[DATA IN THIS EXERCISE — start]
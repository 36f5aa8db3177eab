-- ===== src/Callable.antt =====
-- Core/mstd/function.hpp: `Function` and `bind`. A temporary that a `Function` is made of moves into it.
-- A variable does not: there `F` is a reference type, and so is the member `f_`. The variables that
-- live are a store.
pub mod Lifetime
mod Tests
use sok.Base.{nat_keys, ℕ, Bool, true, false, List, [], ◌∷◌, Option, none, some}
use sok.Base.Map.{Map, lookup, insert, erase}

-- `CallableImpl<F>`, for `F` a type of its own and for `F` a reference.
pub data CallableImpl {ℓ κ} (Args : Type ℓ) (R : Type κ) : Type (ℓ ⊔ κ) where
  owned : (Args → R) → CallableImpl Args R
  refers : ℕ → CallableImpl Args R

-- A null pointer is `none`.
abbrev pub Function {ℓ κ} : Type ℓ → Type κ → Type (ℓ ⊔ κ)
Function Args R = Option (CallableImpl Args R)

-- What a call gives: a result, the exception of an empty `Function`, or it goes through a reference to a
-- variable that is gone.
pub data Answer {ℓ} (R : Type ℓ) : Type ℓ where
  returned : R → Answer R
  throws dangles : Answer R

module _ {ℓ κ} {Args : Type ℓ} {R : Type κ} where
  -- The constructor for a temporary, and for a variable at an address.
  unfoldable pub from_temporary : (Args → R) → Function Args R
  from_temporary f = some (owned f)

  unfoldable pub from_variable : ℕ → Function Args R
  from_variable address = some (refers address)

  -- A call through a reference, for what the variable holds, if it lives.
  unfoldable pub through : Option (Args → R) → Args → Answer R
  through none args = dangles
  through (some f) args = returned (f args)

  -- `invoke`, where the variables hold these callables.
  unfoldable pub invoke : CallableImpl Args R → Map ℕ (Args → R) → Args → Answer R
  invoke (owned f) variables args = returned (f args)
  invoke (refers address) variables args = through (lookup address variables) args

  -- `operator()`
  unfoldable pub call : Function Args R → Map ℕ (Args → R) → Args → Answer R
  call none variables args = throws
  call (some callable) variables args = invoke callable variables args

  -- `operator bool`
  unfoldable pub is_set : Function Args R → Bool
  is_set none = false
  is_set (some callable) = true

  -- `bind`, of copies of the function and of its arguments. The lambda's own arguments stand in
  -- `invoke_impl` in front of the last parameter, where none can be deduced, so that it takes none.
  unfoldable pub bind : (Args → R) → Args → Unit {0} → R
  bind f bound_args remaining = f bound_args

-- What befalls a variable: an assignment, and the end of its life.
pub data Event {ℓ κ} (Args : Type ℓ) (R : Type κ) : Type (ℓ ⊔ κ) where
  assigned : ℕ → (Args → R) → Event Args R
  gone : ℕ → Event Args R
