-- ===== src/Callable/Lifetime.antt =====
-- How long a `Function` of Core/mstd/function.hpp can be called.
use sok.Base.{
  nat_keys, ℕ, List, [], ◌∷◌, Option, none, some, if◌then◌else◌, ◌==◌, ◌≡◌, refl, ◌∙◌, ap,
}
use sok.Base.Map.{Map, lookup, insert, erase, lookup-insert, lookup-erase}
use sok.Callable.{
  returned, from_temporary, from_variable, through, invoke, call, Event, assigned, gone,
}

module _ {ℓ κ} {Args : Type ℓ} {R : Type κ} where
  abbrev pub run : List (Event Args R) → Map ℕ (Args → R) → Map ℕ (Args → R)
  run [] variables = variables
  run (assigned address f ∷ events) variables = run events (insert address f variables)
  run (gone address ∷ events) variables = run events (erase address variables)

  -- What one variable holds after the events, if it lives.
  abbrev pub last_assigned : ℕ → List (Event Args R) → Option (Args → R) → Option (Args → R)
  last_assigned p [] o = o
  last_assigned p (assigned address f ∷ events) o =
      last_assigned p events (if address == p then some f else o)
  last_assigned p (gone address ∷ events) o =
      last_assigned p events (if address == p then none else o)

  lookup-run :
      (p : ℕ) (events : List (Event Args R)) (variables : Map ℕ (Args → R))
      → lookup p (run events variables) ≡ last_assigned p events (lookup p variables)
  lookup-run p [] variables = refl
  lookup-run p (assigned address f ∷ events) variables =
      lookup-run p events (insert address f variables)
      ∙ ap (last_assigned p events) (lookup-insert address p f variables)
  lookup-run p (gone address ∷ events) variables =
      lookup-run p events (erase address variables)
      ∙ ap (last_assigned p events) (lookup-erase address p variables)

  -- A `Function` that is made of a temporary gives what the temporary gave, whatever befalls any
  -- variable. One that is made of a variable, also of a variable that is a `Function`, gives what was
  -- assigned to the variable last, and dangles when the variable is gone.
  pub call-run :
      (f : Args → R) (p : ℕ) (events : List (Event Args R)) (variables : Map ℕ (Args → R))
      (args : Args)
      → (call (from_temporary f) (run events variables) args ≡ returned (f args))
        × (call (from_variable p) (run events variables) args
            ≡ through (last_assigned p events (lookup p variables)) args)
  unfolding call from_temporary from_variable invoke
  call-run f p events variables args =
      (refl, ap (λ o. through o args) (lookup-run p events variables))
[DATA IN THIS EXERCISE — finish]
TASK GOAL:
Go through the material and copy each line that contains "CallableImpl".

PROBLEM SOLUTION:
-- `CallableImpl<F>`, for `F` a type of its own and for `F` a reference.
pub data CallableImpl {ℓ κ} (Args : Type ℓ) (R : Type κ) : Type (ℓ ⊔ κ) where
  owned : (Args → R) → CallableImpl Args R
  refers : ℕ → CallableImpl Args R
Function Args R = Option (CallableImpl Args R)
  unfoldable pub invoke : CallableImpl Args R → Map ℕ (Args → R) → Args → Answer R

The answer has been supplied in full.